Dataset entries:
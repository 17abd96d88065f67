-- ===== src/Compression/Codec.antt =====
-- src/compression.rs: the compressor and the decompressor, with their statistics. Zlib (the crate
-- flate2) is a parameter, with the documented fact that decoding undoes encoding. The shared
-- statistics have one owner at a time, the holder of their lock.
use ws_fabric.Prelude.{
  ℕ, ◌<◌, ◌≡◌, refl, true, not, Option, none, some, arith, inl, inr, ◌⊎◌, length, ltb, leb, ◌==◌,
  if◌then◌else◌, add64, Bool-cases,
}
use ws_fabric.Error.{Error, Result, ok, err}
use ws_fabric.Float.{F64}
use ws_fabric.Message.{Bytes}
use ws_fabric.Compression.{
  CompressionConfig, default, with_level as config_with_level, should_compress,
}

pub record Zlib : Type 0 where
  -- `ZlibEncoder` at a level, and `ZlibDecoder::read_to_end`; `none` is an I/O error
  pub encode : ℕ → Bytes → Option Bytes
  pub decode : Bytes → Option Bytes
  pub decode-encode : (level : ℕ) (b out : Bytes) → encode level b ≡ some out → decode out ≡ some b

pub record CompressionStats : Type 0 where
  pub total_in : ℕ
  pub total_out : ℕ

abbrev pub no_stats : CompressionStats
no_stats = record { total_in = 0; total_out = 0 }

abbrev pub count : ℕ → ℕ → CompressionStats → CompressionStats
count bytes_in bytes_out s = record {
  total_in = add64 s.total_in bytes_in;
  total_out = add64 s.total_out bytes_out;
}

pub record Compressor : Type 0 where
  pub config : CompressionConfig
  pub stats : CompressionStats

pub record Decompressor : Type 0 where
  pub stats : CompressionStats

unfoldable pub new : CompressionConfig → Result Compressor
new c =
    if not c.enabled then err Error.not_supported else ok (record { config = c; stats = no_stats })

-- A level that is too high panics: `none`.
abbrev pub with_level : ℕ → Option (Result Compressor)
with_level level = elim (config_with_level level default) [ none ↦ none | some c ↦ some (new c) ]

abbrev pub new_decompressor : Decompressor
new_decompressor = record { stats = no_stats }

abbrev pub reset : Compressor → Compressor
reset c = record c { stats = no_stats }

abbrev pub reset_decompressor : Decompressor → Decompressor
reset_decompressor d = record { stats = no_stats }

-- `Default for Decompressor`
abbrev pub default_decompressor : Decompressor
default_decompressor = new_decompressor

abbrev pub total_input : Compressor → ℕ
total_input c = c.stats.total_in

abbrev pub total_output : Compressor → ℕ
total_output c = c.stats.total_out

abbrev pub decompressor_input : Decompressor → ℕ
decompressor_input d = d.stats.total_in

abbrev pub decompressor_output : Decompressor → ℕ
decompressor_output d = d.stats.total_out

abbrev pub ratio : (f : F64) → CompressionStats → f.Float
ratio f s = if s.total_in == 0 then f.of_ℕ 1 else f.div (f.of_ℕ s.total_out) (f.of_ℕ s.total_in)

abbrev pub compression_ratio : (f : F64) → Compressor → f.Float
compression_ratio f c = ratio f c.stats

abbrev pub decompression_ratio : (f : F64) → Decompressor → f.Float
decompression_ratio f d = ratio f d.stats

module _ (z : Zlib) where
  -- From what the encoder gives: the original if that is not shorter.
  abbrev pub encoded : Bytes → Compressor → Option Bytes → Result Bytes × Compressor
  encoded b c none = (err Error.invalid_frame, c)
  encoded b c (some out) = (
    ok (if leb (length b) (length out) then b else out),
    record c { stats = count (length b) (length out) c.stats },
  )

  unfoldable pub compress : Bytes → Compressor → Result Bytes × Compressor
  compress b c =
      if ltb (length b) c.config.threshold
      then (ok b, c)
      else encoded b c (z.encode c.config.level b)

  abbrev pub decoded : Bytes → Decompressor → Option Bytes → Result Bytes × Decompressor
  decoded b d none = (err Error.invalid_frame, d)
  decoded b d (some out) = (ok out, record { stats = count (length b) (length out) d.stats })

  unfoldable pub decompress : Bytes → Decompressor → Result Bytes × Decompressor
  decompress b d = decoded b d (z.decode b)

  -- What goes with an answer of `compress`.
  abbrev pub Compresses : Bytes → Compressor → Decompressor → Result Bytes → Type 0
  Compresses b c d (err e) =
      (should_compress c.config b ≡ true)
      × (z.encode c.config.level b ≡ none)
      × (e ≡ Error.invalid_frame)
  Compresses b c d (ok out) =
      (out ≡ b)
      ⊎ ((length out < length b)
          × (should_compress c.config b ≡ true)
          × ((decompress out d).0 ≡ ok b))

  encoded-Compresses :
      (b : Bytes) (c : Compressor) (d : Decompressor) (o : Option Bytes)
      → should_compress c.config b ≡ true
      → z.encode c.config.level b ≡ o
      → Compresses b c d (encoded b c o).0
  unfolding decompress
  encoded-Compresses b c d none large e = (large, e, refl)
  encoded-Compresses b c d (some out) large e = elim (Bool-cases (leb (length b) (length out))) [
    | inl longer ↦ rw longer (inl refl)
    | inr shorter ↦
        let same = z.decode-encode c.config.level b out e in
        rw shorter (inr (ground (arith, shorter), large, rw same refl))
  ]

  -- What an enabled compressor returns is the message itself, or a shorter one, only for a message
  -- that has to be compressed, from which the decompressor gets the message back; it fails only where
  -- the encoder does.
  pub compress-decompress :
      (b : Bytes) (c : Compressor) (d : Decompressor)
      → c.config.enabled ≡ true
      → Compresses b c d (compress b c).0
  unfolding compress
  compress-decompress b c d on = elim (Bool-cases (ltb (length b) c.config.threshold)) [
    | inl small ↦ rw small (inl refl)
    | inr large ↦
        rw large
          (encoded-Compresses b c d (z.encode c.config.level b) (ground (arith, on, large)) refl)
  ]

* * *

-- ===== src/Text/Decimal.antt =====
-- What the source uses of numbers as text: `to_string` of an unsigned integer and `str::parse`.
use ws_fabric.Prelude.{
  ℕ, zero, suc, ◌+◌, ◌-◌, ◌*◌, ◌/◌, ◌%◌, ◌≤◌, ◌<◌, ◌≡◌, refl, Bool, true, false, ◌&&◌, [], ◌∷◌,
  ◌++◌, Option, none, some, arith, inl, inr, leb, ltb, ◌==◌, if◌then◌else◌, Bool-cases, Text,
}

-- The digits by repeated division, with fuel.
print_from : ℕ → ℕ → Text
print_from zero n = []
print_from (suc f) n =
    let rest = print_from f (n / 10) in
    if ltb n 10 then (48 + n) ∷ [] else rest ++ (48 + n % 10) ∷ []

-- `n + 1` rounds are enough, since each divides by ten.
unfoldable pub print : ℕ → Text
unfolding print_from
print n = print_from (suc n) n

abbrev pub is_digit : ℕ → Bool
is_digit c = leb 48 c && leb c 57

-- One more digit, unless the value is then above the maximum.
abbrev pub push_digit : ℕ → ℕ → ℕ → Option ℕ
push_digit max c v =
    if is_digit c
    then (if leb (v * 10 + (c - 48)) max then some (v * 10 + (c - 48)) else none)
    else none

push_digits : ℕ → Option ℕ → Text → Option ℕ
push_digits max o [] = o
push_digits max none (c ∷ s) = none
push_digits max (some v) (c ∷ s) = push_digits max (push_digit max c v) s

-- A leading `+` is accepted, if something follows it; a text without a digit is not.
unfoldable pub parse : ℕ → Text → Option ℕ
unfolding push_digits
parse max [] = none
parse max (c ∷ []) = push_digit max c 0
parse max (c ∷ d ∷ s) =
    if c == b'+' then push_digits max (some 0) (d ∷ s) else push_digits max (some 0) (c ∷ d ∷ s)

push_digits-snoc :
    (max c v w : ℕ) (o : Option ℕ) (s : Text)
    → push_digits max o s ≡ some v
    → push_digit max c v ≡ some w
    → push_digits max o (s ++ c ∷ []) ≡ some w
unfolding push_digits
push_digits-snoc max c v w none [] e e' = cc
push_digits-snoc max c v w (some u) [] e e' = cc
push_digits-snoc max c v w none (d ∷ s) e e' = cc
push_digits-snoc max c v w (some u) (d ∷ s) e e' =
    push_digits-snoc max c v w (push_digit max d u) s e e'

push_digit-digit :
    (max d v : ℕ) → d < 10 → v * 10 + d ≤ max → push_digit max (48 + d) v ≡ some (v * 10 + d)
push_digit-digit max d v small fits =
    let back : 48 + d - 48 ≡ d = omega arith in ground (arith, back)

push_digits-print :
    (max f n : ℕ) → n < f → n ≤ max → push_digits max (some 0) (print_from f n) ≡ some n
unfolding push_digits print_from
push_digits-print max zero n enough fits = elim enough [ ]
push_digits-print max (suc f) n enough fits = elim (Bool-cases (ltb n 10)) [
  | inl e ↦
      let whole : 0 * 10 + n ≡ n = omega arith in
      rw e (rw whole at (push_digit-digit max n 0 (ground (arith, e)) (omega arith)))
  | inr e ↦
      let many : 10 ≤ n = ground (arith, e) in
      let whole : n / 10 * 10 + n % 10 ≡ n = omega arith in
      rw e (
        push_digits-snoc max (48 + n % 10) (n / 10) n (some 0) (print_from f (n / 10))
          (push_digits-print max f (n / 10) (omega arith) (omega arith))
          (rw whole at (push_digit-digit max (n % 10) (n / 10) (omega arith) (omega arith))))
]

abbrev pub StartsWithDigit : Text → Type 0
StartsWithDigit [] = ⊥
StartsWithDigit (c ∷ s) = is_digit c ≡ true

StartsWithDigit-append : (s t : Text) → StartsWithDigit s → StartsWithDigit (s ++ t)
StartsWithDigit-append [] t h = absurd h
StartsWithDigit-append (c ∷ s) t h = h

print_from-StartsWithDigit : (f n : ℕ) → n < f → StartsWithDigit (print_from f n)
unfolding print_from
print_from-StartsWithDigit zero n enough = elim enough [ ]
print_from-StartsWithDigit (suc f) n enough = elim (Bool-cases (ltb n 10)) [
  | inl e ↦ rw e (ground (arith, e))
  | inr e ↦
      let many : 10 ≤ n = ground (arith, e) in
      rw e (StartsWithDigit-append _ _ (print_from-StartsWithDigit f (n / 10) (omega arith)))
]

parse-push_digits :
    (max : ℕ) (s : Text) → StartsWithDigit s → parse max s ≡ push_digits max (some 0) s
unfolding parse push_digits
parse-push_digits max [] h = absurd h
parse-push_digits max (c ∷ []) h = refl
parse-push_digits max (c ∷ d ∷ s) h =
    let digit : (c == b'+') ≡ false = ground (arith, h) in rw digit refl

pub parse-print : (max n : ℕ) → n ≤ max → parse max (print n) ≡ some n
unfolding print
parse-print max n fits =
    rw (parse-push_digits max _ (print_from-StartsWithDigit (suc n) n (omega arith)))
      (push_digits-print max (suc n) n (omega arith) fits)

* * *

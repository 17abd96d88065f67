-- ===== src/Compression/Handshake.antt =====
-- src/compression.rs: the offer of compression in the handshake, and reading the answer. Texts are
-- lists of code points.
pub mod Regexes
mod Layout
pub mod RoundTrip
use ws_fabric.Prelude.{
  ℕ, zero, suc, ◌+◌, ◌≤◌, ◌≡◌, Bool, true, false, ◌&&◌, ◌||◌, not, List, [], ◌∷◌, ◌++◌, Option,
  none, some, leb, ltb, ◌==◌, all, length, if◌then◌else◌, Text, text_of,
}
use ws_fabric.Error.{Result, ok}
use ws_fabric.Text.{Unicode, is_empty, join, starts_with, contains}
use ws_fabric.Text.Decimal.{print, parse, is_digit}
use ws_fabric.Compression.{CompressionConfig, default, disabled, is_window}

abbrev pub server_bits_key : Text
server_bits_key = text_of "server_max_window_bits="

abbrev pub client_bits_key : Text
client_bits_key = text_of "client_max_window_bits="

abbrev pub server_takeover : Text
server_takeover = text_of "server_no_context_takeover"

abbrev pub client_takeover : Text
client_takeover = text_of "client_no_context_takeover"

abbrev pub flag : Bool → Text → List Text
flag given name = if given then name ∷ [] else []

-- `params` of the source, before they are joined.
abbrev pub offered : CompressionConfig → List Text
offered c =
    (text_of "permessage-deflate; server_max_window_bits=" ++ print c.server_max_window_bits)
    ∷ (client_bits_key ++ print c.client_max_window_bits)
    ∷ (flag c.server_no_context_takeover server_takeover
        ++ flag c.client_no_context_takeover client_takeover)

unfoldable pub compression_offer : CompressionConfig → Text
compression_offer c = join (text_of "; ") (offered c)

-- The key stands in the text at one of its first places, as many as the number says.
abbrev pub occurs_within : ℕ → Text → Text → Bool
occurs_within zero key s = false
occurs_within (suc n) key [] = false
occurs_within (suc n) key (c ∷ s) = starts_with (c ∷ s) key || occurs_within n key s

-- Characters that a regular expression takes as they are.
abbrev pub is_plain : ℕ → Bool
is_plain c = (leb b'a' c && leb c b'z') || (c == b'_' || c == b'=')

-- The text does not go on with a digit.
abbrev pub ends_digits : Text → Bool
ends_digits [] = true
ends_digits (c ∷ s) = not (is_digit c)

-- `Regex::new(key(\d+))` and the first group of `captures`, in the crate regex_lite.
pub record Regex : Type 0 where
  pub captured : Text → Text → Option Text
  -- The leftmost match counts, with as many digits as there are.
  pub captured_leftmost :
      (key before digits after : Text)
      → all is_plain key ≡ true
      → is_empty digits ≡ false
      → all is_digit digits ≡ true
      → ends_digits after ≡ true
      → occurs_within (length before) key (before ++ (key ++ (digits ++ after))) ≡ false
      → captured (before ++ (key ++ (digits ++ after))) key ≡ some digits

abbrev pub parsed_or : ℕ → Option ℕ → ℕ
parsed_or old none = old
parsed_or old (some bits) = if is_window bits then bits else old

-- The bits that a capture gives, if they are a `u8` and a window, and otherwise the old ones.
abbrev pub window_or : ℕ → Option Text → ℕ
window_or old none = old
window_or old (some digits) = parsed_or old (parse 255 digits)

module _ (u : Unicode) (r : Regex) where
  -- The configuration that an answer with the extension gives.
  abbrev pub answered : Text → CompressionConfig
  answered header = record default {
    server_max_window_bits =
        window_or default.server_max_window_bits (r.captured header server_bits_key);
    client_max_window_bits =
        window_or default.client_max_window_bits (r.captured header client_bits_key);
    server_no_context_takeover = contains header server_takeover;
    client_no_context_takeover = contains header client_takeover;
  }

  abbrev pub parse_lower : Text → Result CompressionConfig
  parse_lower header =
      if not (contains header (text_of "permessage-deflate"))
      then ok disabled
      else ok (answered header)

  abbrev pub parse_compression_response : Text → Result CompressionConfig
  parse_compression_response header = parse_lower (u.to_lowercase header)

• [Exercise objective] Please show every line above that includes the word "only".

• [Task result]
  -- What an enabled compressor returns is the message itself, or a shorter one, only for a message
  -- that has to be compressed, from which the decompressor gets the message back; it fails only where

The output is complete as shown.